_Your objective_: Repeat word for word the line with "blank-IsWhitespace : is_whitespace" and every line after it until the records below run out.

(Supplied material)

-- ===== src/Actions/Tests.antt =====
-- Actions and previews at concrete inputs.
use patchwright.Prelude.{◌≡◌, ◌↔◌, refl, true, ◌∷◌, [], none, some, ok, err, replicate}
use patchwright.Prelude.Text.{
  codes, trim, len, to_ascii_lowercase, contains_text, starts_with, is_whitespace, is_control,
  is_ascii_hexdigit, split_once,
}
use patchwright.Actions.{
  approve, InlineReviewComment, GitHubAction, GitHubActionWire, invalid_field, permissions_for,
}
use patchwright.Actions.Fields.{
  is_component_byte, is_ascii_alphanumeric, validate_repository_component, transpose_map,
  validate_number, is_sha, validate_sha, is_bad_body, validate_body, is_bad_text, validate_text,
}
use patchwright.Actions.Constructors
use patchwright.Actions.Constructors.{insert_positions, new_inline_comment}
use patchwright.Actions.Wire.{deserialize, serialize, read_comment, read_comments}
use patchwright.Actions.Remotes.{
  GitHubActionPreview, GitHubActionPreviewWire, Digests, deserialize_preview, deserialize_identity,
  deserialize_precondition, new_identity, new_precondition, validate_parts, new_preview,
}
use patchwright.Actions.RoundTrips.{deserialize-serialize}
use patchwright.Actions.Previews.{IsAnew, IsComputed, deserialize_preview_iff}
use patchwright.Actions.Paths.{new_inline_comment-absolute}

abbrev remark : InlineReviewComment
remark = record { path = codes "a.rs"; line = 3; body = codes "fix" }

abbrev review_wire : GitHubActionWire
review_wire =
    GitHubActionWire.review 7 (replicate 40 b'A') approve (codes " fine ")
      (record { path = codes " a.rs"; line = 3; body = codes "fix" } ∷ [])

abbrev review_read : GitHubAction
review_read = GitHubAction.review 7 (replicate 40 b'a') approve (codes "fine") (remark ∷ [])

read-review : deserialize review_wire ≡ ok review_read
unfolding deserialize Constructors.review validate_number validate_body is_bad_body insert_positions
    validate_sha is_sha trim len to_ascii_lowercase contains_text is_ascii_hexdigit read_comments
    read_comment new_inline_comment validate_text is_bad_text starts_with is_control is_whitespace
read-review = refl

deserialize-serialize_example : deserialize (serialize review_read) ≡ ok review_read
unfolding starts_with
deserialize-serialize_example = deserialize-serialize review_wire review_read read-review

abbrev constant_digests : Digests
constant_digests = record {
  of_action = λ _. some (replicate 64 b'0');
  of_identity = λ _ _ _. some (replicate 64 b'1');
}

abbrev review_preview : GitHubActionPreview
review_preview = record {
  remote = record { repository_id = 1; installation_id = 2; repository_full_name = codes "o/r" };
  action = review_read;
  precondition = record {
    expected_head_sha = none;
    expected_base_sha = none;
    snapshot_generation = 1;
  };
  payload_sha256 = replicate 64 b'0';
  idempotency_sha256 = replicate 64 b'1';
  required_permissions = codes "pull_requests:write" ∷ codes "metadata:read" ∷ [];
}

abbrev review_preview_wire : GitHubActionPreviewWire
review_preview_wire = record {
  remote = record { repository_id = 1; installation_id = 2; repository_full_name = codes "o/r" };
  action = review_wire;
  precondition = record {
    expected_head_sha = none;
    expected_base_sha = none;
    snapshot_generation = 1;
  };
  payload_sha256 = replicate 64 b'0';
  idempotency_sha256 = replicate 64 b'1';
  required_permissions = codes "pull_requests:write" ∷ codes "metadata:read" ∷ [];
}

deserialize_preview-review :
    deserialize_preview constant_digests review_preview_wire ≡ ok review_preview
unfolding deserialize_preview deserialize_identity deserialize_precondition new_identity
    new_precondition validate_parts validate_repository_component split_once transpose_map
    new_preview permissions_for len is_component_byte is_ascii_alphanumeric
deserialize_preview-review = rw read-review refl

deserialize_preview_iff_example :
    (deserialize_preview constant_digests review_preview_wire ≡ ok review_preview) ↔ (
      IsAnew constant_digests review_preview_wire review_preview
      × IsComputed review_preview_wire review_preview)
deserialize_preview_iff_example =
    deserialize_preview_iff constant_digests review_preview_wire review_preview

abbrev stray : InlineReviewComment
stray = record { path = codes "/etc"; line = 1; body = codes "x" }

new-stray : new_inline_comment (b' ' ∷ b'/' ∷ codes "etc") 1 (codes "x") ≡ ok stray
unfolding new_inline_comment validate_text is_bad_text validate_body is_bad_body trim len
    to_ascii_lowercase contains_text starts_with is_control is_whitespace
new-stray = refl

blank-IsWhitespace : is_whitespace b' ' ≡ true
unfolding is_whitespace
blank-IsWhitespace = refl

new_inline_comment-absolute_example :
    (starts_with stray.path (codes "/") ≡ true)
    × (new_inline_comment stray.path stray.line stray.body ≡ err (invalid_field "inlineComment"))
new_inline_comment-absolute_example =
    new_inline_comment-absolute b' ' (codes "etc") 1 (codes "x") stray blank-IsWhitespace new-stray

(End Supplied material)

_Result for this exercise_:
blank-IsWhitespace : is_whitespace b' ' ≡ true
unfolding is_whitespace
blank-IsWhitespace = refl

new_inline_comment-absolute_example :
    (starts_with stray.path (codes "/") ≡ true)
    × (new_inline_comment stray.path stray.line stray.body ≡ err (invalid_field "inlineComment"))
new_inline_comment-absolute_example =
    new_inline_comment-absolute b' ' (codes "etc") 1 (codes "x") stray blank-IsWhitespace new-stray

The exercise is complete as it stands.